O que tem a ver Teologia Pública com Diálogo Inter-religioso?
Desde seu nascimento, o Cristianismo se viu inserido dentro de um ambiente de variedade religiosa. Foram diversos os embates ao longo dos primeiros séculos da era cristã na tentativa de se chegar a uma confissão comum a respeito daquilo que se cria frente às diversas concorrências, tais como o gnosticismo e o próprio judaísmo, sendo esse último, muitas vezes, duramente acusado por alguns cristãos, tais como Atanásio, de ter sido o responsável pela crucificação de Jesus. Também dentro do próprio cristianismo foram grandes as controvérsias e, principalmente após a cristianização do Império Romano, algumas se mostraram tão importantes para a população que, em determinados períodos, como no caso da controvérsia ariana, era possível ouvir nas ruas e em todo lugar conversas a respeito de posições contra e a favor de Ário.
Com a Idade Média, em que a Igreja se mostra como lugar de poder no Ocidente, o aspecto da variedade religiosa toma contornos mais extremistas, uma vez que toda e qualquer outra religião que não fosse a cristã confessada pela Igreja deveria ter os seus adeptos mortos. Como exemplo, pode-se tomar a constante perseguição religiosa a judeus e muçulmanos nesse período, culminando com o evento das Cruzadas contra o povo muçulmano.
Nesses dois momentos da história, é clara a participação da população na preocupação a respeito da fé e das questões concernentes à teologia e seu embate com as outras religiões. O motivo era muito simples: devido ao estado cristão que se havia formado após a conversão de Constantino, pensar nas categorias teológicas tinha a ver com pensar a própria vida e com seu se portar na sociedade. Uma vez que crer certo tinha a ver com falar certo aquilo que se cria, era importante estar antenado com a posição oficial da Igreja a fim de evitar problemas para si e sua família.
Com a Reforma Protestante no século XVI, o poder da Igreja começa a ruir e, ao longo dos séculos seguintes, ser cristão passa a ser somente uma opção dentre as várias outras religiões existentes. Ainda que houvesse tentativas de mostrar que o Cristianismo era a melhor religião possível e se vivesse às sombras de uma ambiente cristão em quase toda Europa, a diversidade religiosa, bem como a ausência de uma religiosidade começaram a crescer, até ter seu ápice na Idade Contemporânea na qual se vive atualmente.

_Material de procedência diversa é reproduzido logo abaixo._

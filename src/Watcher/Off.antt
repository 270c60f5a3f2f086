-- ===== src/Watcher/Off.antt =====
-- A watch that is off stays off until something switches it on.
use process_compose.Common.{
  ℕ, String, ◌≡◌, ◌∙◌, Bool, true, false, List, [], none, some, arith, lookup, lookup-insert,
  eq_iff, Option-cases, Bool-cases, inl, inr, refl, sym, ◌∷◌, Option, Dict, All,
}
use mathlib.Core.Path.{subst}
use process_compose.Types.Config.{ProcessConfig}
use process_compose.Watcher.Debounce.{Trigger}
use process_compose.Watcher.Flap.{record_restart}
use process_compose.Watcher.Registry.{ProcWatch, Watcher}
use process_compose.Watcher.Dispatch.{
  Dispatcher, pause_process, set_paused, is_watched, is_active, store, restarted, begin_batch,
  handle_trigger, WatchEvent, handling, changing, dispatch_all,
}
use process_compose.Watcher.Causality.{passes, handle_trigger-known, handle_trigger-unknown}

-- Each registration stands under its name.
abbrev pub IsNamed : Watcher → Type 0
IsNamed w = (n : String) (pw : ProcWatch) → lookup n w.procs ≡ some pw → pw.name ≡ n

-- The watch is off.
abbrev pub IsOff : String → Watcher → Type 0
IsOff name w = IsNamed w × (is_watched name w ≡ false)

store-IsOff :
    (name n : String) (pw new : ProcWatch) (w : Watcher)
    → lookup n w.procs ≡ some pw
    → is_active pw ≡ true
    → new.name ≡ pw.name
    → IsOff name w
    → IsOff name (store new w)
unfolding is_watched
store-IsOff name n pw new w here active same (named, off) = (
  (λ k q h. ground (arith, h, named k q, lookup-insert new.name k new w.procs, eq_iff new.name k)),
  ground (
    arith,
    here,
    active,
    same,
    named n pw here,
    off,
    eq_iff n name,
    eq_iff new.name name,
    lookup-insert new.name name new w.procs,
  ),
)

pub suspends-IsNamed :
    (under : String → String → Bool) (relative_to : String → String → String)
    (project : Dict ProcessConfig) (t : Trigger) (now done : ℕ) (d : Dispatcher) (pw : ProcWatch)
    → IsNamed d.watcher
    → lookup t.proc d.watcher.procs ≡ some pw
    → (record_restart t.proc now d.flap).1 ≡ true
    → IsNamed (begin_batch under relative_to project t now done pw d).0.watcher
unfolding begin_batch
suspends-IsNamed under relative_to project t now done d pw named here flaps n q h = ground (
  arith,
  h,
  flaps,
  named t.proc pw here,
  named n q,
  eq_iff pw.name n,
  lookup-insert pw.name n (record pw { suspended = true }) d.watcher.procs,
)

begin_batch-IsOff :
    (under : String → String → Bool) (relative_to : String → String → String)
    (project : Dict ProcessConfig) (t : Trigger) (now done : ℕ) (pw : ProcWatch) (d : Dispatcher)
    (name : String)
    → lookup t.proc d.watcher.procs ≡ some pw
    → is_active pw ≡ true
    → IsOff name d.watcher
    → IsOff name (begin_batch under relative_to project t now done pw d).0.watcher
unfolding begin_batch
begin_batch-IsOff under relative_to project t now done pw d name here active off =
    elim (Bool-cases (record_restart t.proc now d.flap).1) [
      | inl flaps ↦
          subst (IsOff name)
            (let e : store (record pw { suspended = true }) d.watcher
                  ≡ (begin_batch under relative_to project t now done pw d).0.watcher =
                ground (arith, flaps) in
              e)
            (store-IsOff name t.proc pw (record pw { suspended = true }) d.watcher here active refl
              off)
      | inr calm ↦
          subst (IsOff name)
            (let e : store (restarted under relative_to project t now done d.quiesce pw) d.watcher
                  ≡ (begin_batch under relative_to project t now done pw d).0.watcher =
                ground (arith, calm) in
              e)
            (store-IsOff name t.proc pw
              (restarted under relative_to project t now done d.quiesce pw) d.watcher here active
              refl off)
    ]

handled-IsOff :
    (under : String → String → Bool) (relative_to : String → String → String)
    (project : Dict ProcessConfig) (t : Trigger) (now done : ℕ) (d : Dispatcher) (name : String)
    → IsOff name d.watcher
    → IsOff name (handle_trigger under relative_to project t now done d).0.watcher
handled-IsOff under relative_to project t now done d name off =
    elim (Option-cases (lookup t.proc d.watcher.procs)) [
      | inl gone ↦
          subst Kept (sym (handle_trigger-unknown under relative_to project t now done d gone)) off
      | inr (pw, here) ↦ elim (Bool-cases (passes under relative_to project t d pw)) [
        | inr dropped ↦
            let e : handle_trigger under relative_to project t now done d ≡ (d, none) =
              handle_trigger-known under relative_to project t now done d pw here
              ∙ ground (arith, dropped) in
            subst Kept (sym e) off
        | inl ok ↦
            let e : handle_trigger under relative_to project t now done d
                ≡ begin_batch under relative_to project t now done pw d =
              handle_trigger-known under relative_to project t now done d pw here
              ∙ ground (arith, ok) in
            subst Kept (sym e) (
              begin_batch-IsOff under relative_to project t now done pw d name here
                (ground (arith, ok)) off)
      ]
    ]
  where
    Kept : Dispatcher × Option (List String) → Type 0
    Kept r = IsOff name r.0.watcher

-- What happens to the watcher in between does not switch the watch on.
abbrev pub KeepsOff : String → WatchEvent → Type 0
KeepsOff name (handling project t now done) = Unit {0}
KeepsOff name (changing f) = (w : Watcher) → IsOff name w → IsOff name (f w)

pub dispatch_all-IsOff :
    (under : String → String → Bool) (relative_to : String → String → String) (es : List WatchEvent)
    (d : Dispatcher) (name : String)
    → All (KeepsOff name) es
    → IsOff name d.watcher
    → IsOff name (dispatch_all under relative_to es d).watcher
unfolding dispatch_all
dispatch_all-IsOff under relative_to [] d name keep off = off
dispatch_all-IsOff under relative_to (handling project t now done ∷ es) d name (k, ks) off =
    dispatch_all-IsOff under relative_to es
      (handle_trigger under relative_to project t now done d).0 name ks
      (handled-IsOff under relative_to project t now done d name off)
dispatch_all-IsOff under relative_to (changing f ∷ es) d name (k, ks) off =
    dispatch_all-IsOff under relative_to es (record d { watcher = f d.watcher }) name ks
      (k d.watcher off)

pub pause_process-KeepsOff : (name n : String) → KeepsOff name (changing (pause_process n))
unfolding pause_process is_watched
pause_process-KeepsOff name n w (named, off) = elim (Option-cases (lookup n w.procs)) [
  | inl gone ↦ (ground (arith, gone, named), ground (arith, gone, off))
  | inr (pw, here) ↦ (
    (λ k q h. ground (
      arith,
      h,
      here,
      named n pw here,
      named k q,
      eq_iff n k,
      lookup-insert n k (set_paused true pw) w.procs,
    )),
    ground (arith, here, off, eq_iff n name, lookup-insert n name (set_paused true pw) w.procs),
  )
]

Com isso em mente, pensar a necessidade de diálogo inter-religioso como uma tarefa importante e que poderia ser levada a cabo por parte das autoridades religiosas e populações existentes no mundo contemporâneo deveria ser visto como algo trivial e de caráter público. Contudo, mesmo que tenha havido diversos cristãos e membros de outras religiões que se propuseram a dialogar entre si a fim de tentar criar um ambiente de paz no mundo, ainda é extremamente comum que os povos se persigam mutualmente por causa de questões doutrinais e religiosas.
Diante disso, é possível perceber que a teologia pública e a teologia do diálogo inter-religioso se inter-relacionam de maneira profunda. Assim, como desafio dessa inter-relação, ao mesmo tempo que se deve perguntar se a intolerância religiosa pode ser vista como um dos motivos pelos quais a teologia perde seu caráter público na sociedade, uma vez que ninguém quer ouvir um discurso que se pressupõe como detentor de verdade e condenador de outras formas de religiosidade, deve-se também se perguntar pelo papel fundamental da teologia de diálogo inter-religioso para a abertura a uma teologia pública, uma vez que a questão das religiões ainda tem um papel importantíssimo na vida das sociedades contemporâneas.
Assim, a teologia atual se mostra com duas tarefas importantíssimas: em primeiro, está aberta para dialogar honestamente com as outras religiões existentes no mundo; em segundo, se tornar uma voz que seja ouvida e demandada pela população de diversas sociedades.